Java variable number or arguments for a method

Question

Is it possible to declare a method that will allow a variable number of parameters ?

What is the symbolism used in the definition that indicate that the method should allow a variable number of parameters?

Answer: varargs

Answer 1

That's correct. You can find more about it in the Oracle guide on varargs.

Here's an example:

void foo(String... args) {
    for (String arg : args) {
        System.out.println(arg);
    }
}

which can be called as

foo("foo"); // Single arg.
foo("foo", "bar"); // Multiple args.
foo("foo", "bar", "lol"); // Don't matter how many!
foo(new String[] { "foo", "bar" }); // Arrays are also accepted.
foo(); // And even no args.

Answer 2

Yes, it's possible:

public void myMethod(int...numbers) { ... }

Answer 3

Variable number of arguments

It is possible to pass a variable number of arguments to a method. However, there are some restrictions:

• The variable number of parameters must all be the same type
• They are treated as an array within the method
• They must be the last parameter of the method

To understand these restrictions, consider the method, in the following code snippet, used to return the largest integer in a list of integers:

private static int largest(int... numbers) {
     int currentLargest = numbers[0];
     for (int number : numbers) {
        if (number > currentLargest) {
            currentLargest = number;
        }
     }
     return currentLargest;
}

source Oracle Certified Associate Java SE 7 Programmer Study Guide 2012

Answer 4

For different types of arguments, there is 3-dots :

public void foo(Object... x) {
    String first    =  x.length > 0 ? (String)x[0]  : "Hello";
    int duration    =  x.length > 1 ? Integer.parseInt((String) x[1]) : 888;
} 

Then call it

foo("Hii"); 
foo("Hii", 146); 

for security, use like this:
if (!(x[0] instanceof String)) { throw new IllegalArgumentException("..."); }

The main drawback of this approach is that if optional parameters are of different types you lose static type checking.

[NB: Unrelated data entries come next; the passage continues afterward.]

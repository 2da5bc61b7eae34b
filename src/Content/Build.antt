-- ===== src/Content/Build.antt =====
-- updater/content.cpp: the constructor of `Content` and `setRevision`.
pub mod Owner
use mediaupdater.Base.{ℕ, String, ◌<>◌, Bool, true, false, List, [], ◌∷◌, if◌then◌else◌}
use mediaupdater.Qt.{Qt}
use mediaupdater.Station.{
  Station, media, media_sync, reports_dir, timetable_path, music_dir, advert_dir,
}
use mediaupdater.Content.{
  ContentType, music, advert, revision, report, ContentInfo, Content, append_info,
}
use mediaupdater.Content.Collect.{
  State, collect_content_from_file, collect_content_from_path_with_check,
  collect_content_from_dir_with_check, collect_reports,
}

-- `removeRecursively` for the directory of each entry
clear_dirs : (Q : Qt) → String → List ContentInfo → Q.World → Q.World
clear_dirs Q dest [] w = w
clear_dirs Q dest (info ∷ infos) w =
    clear_dirs Q dest infos (Q.remove_recursively (dest <> info.dir_name) w)

module _ (Q : Qt) (st : Station) where
  -- The tables that both the network and the local revision list, in order.
  unfoldable pub append_tables : Content → Content
  append_tables c =
      append_info "timetable" "vtimetable" false
        (append_info "timetable" "timetable" false (append_info "cron.d" "adverttable" false c))

  unfoldable pub set_revision : State Q st → State Q st
  unfolding append_tables clear_dirs
  set_revision (c, w) =
      if c.local
      then (
        record (append_tables c) {
          source_dir = media_sync Q st <> ("/" <> (c.box_id <> "/"));
          dest = timetable_path Q st;
        },
        w,
      )
      else (let listed =
            append_tables
              (append_info "chanels" "chanels" false (append_info "command" "command" false c)) in
          (
            record listed { source_dir = listed.box_id },
            clear_dirs Q listed.dest listed.source_list w,
          ))

  -- The fields before the body of the constructor runs.
  unfoldable pub blank : ℕ → ContentType → String → Bool → Content
  blank address type box_id local = record {
    address = address;
    source_list = [];
    standart_source_files = [];
    dest = "";
    content_type = type;
    source_dir = "";
    local = local;
    box_id = box_id;
  }

  network_dest : Content → Content
  network_dest c = record c { dest = media_sync Q st <> ("/" <> (c.box_id <> "/")) }

  local_dest : Content → Content
  local_dest c = record c { dest = media Q st "" <> "/" }

  -- The directories of local music and adverts, one name under each of two roots.
  set_dirs : String → Content → Content
  set_dirs dir c = record c {
    source_dir = media_sync Q st <> ("/" <> (c.box_id <> ("/" <> dir)));
    dest = media Q st "" <> ("/" <> dir);
  }

  -- `new Content(type, boxId, local)` at an address
  unfoldable pub new_content : ℕ → ContentType → String → Bool → Q.World → State Q st
  unfolding blank network_dest local_dest set_dirs
  new_content a report box_id local w =
      let c = blank a report box_id local in
      collect_reports Q st (record c { source_dir = reports_dir Q st <> ("/" <> box_id) }, w)
  new_content a revision box_id true w = set_revision (local_dest (blank a revision box_id true), w)
  new_content a revision box_id false w =
      set_revision (network_dest (blank a revision box_id false), w)
  new_content a music box_id false w =
      let c = network_dest (blank a music box_id false) in
      let (c', w') = collect_content_from_file Q st (c.dest <> "chanels/chanels") (c, w) in
      (record c' { dest = c'.dest <> music_dir }, w')
  new_content a advert box_id false w =
      let c = network_dest (blank a advert box_id false) in
      collect_content_from_file Q st (c.dest <> "cron.d/adverttable") (c, w)
  new_content a music box_id true w =
      let c = set_dirs music_dir (blank a music box_id true) in
      collect_content_from_path_with_check Q st c.source_dir (c, w)
  new_content a advert box_id true w =
      let c = set_dirs advert_dir (blank a advert box_id true) in
      collect_content_from_dir_with_check Q st c.source_dir (c, w)
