-- ===== src/Content/Collect/Owner.antt =====
-- The collectors leave a content at its address, and what they add points to it.
use mediaupdater.Base.{
  ◌≡◌, refl, String, true, false, List, [], ◌∷◌, arith, ℕ, Option-cases, inl, inr, if◌then◌else◌,
  if_both,
}
use mediaupdater.Base.Text.{split, is_empty, before}
use mediaupdater.Qt.{Qt}
use mediaupdater.Station.{Station, advert_dir, music_dir}
use mediaupdater.Content.{
  ContentType, music, advert, revision, report, is_music, ContentInfo, Content, append_info,
  append_infos, info_at,
}
use mediaupdater.Content.Owner.{IsAt, append_info-IsAt, append_infos-IsAt, destination_slash-IsAt}
use mediaupdater.Check.{check_file}
use mediaupdater.Content.Collect.{
  State, channel_dir, channel_file, collect_of_type, checked_files, each_dir_with_check,
  check_exist_file, advert_lines, channel_line, channel_lines, table_text, collect_adverts,
  collect_channels, collect_content_from_file, collect_content_from_dir_with_check,
  collect_content_from_path_with_check, collect_reports,
}

module _ (Q : Qt) (st : Station) (a : ℕ) (t : ContentType) where
  -- A collector's step keeps a content at its address.
  abbrev Keeps : (State Q st → State Q st) → Type 0
  Keeps f = (s : State Q st) → IsAt a t s.0 → IsAt a t (f s).0

  check_file-IsAt :
      (box_id : String) (info : ContentInfo) (c : Content) (w : Q.World)
      → IsAt a t c
      → IsAt a t (check_file Q st box_id info c w).0
  unfolding check_file
  check_file-IsAt box_id info c w h = ground (arith, destination_slash-IsAt a t c h)

  check_exist_file-IsAt : (dir file : String) → Keeps (λ s. (check_exist_file Q st dir file s).0)
  unfolding check_exist_file
  check_exist_file-IsAt dir file (c, w) h =
      check_file-IsAt c.box_id (info_at c.address dir file) c w h

  advert_lines-IsAt :
      (dir : String) (lines : List String) → Keeps (λ s. (advert_lines Q st dir lines s).0)
  unfolding advert_lines
  advert_lines-IsAt dir [] s h = h
  advert_lines-IsAt dir (line ∷ lines) s h =
      let name = before b';' line in
      let found = check_exist_file Q st dir name s in
      advert_lines-IsAt dir lines (if is_empty name then (s, true) else found).0 (
        if_both (λ r. IsAt a t r.0.0) (is_empty name) (s, true) found h
          (check_exist_file-IsAt dir name s h))

  channel_line-IsAt : (line : String) → Keeps (channel_line Q st line)
  unfolding channel_line
  channel_line-IsAt line (c, w) h =
      let dir = channel_dir line in
      let file = channel_file line in
      let listed = append_info dir file true c in
      let found = check_exist_file Q st dir file (listed, w) in
      let kept =
        check_exist_file-IsAt dir file (listed, w) (append_info-IsAt a t dir file true c h) in
      if_both (IsAt a t) found.1 found.0.0 (append_info dir file false found.0.0) kept
        (append_info-IsAt a t dir file false found.0.0 kept)

  channel_lines-IsAt : (lines : List String) → Keeps (channel_lines Q st lines)
  unfolding channel_lines
  channel_lines-IsAt [] s h = h
  channel_lines-IsAt (line ∷ lines) s h =
      channel_lines-IsAt lines (if is_empty line then s else channel_line Q st line s) (
        if_both (λ r. IsAt a t r.0) (is_empty line) s (channel_line Q st line s) h
          (channel_line-IsAt line s h))

  collect_adverts-IsAt : (file : String) → Keeps (collect_adverts Q st file)
  unfolding collect_adverts
  collect_adverts-IsAt file (c, w) h = elim (Option-cases (table_text Q st c.box_id file w)) [
    | inl e ↦ rw (collect_adverts, e) h
    | inr (text, e) ↦
        (let lines = split b'\n' text in
          let r = advert_lines Q st advert_dir lines (c, w) in
          rw (collect_adverts, e)
            (append_infos-IsAt a t advert_dir r.2 true (append_infos advert_dir r.1 false r.0.0) (
              append_infos-IsAt a t advert_dir r.1 false r.0.0
                (advert_lines-IsAt advert_dir lines (c, w) h))))
  ]

  collect_channels-IsAt : (file : String) → Keeps (collect_channels Q st file)
  unfolding collect_channels
  collect_channels-IsAt file (c, w) h = elim (Option-cases (table_text Q st c.box_id file w)) [
    | inl e ↦ rw (collect_channels, e) h
    | inr (text, e) ↦ rw (collect_channels, e) (channel_lines-IsAt (split b'\n' text) (c, w) h)
  ]

  -- The table of a content starts from an empty list, whatever the content listed.
  pub collect_content_from_file-IsAt :
      (file : String) (c : Content) (w : Q.World)
      → c.address ≡ a
      → c.content_type ≡ t
      → IsAt a t (collect_content_from_file Q st file (c, w)).0
  unfolding collect_content_from_file
  collect_content_from_file-IsAt file c w h k = go c.content_type k
    where
      fresh :
          (c' : Content) → c'.address ≡ a → c'.content_type ≡ t → c'.source_list ≡ [] → IsAt a t c'
      fresh c' p q r = record { address_is = p; type_is = q; entries_are = rw r refl }

      go : (u : ContentType) → c.content_type ≡ t → IsAt a t (collect_of_type Q st u file (c, w)).0
      go music e =
          collect_channels-IsAt file (record c { source_list = []; source_dir = music_dir }, w)
            (record { address_is = h; type_is = e; entries_are = refl })
      go advert e =
          collect_adverts-IsAt file (record c { source_list = []; source_dir = advert_dir }, w)
            (record { address_is = h; type_is = e; entries_are = refl })
      go revision e = record { address_is = h; type_is = e; entries_are = refl }
      go report e = record { address_is = h; type_is = e; entries_are = refl }

  checked_files-IsAt :
      (dir : String) (files : List String) → Keeps (λ s. (checked_files Q st dir files s).0)
  unfolding checked_files
  checked_files-IsAt dir [] s h = h
  checked_files-IsAt dir (file ∷ files) (c, w) h =
      let r = check_file Q st c.box_id (info_at c.address dir file) c w in
      checked_files-IsAt dir files (r.0, r.1)
        (check_file-IsAt c.box_id (info_at c.address dir file) c w h)

  pub collect_content_from_dir_with_check-IsAt :
      (dir : String) → Keeps (collect_content_from_dir_with_check Q st dir)
  unfolding collect_content_from_dir_with_check
  collect_content_from_dir_with_check-IsAt dir (c, w) h =
      let files = Q.entry_files dir w in
      let name = Q.dir_name dir in
      let r = checked_files Q st name files (c, w) in
      append_infos-IsAt a t name r.1 false r.0.0 (checked_files-IsAt name files (c, w) h)

  each_dir_with_check-IsAt : (dirs : List String) → Keeps (each_dir_with_check Q st dirs)
  unfolding each_dir_with_check
  each_dir_with_check-IsAt [] s h = h
  each_dir_with_check-IsAt (dir ∷ dirs) s h =
      each_dir_with_check-IsAt dirs (collect_content_from_dir_with_check Q st dir s)
        (collect_content_from_dir_with_check-IsAt dir s h)

  pub collect_content_from_path_with_check-IsAt :
      (path : String) → Keeps (collect_content_from_path_with_check Q st path)
  unfolding collect_content_from_path_with_check
  collect_content_from_path_with_check-IsAt path (c, w) h =
      let dirs = Q.entry_dirs path w in
      if_both (λ r. IsAt a t r.0) (is_music c.content_type) (each_dir_with_check Q st dirs (c, w))
        (c, w) (each_dir_with_check-IsAt dirs (c, w) h) h

  pub collect_reports-IsAt : Keeps (collect_reports Q st)
  unfolding collect_reports
  collect_reports-IsAt (c, w) h =
      append_infos-IsAt a t (Q.dir_name c.source_dir) (Q.entry_files c.source_dir w) false c h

Please, see more variations .

Answer 5

Yup...since Java 5: http://java.sun.com/j2se/1.5.0/docs/guide/language/varargs.html

Answer 6

Yes Java allows vargs in method parameter .

public class  Varargs
{
   public int add(int... numbers)
   { 
      int result = 1; 
      for(int number: numbers)
      {
         result= result+number;  
      }  return result; 
   }
}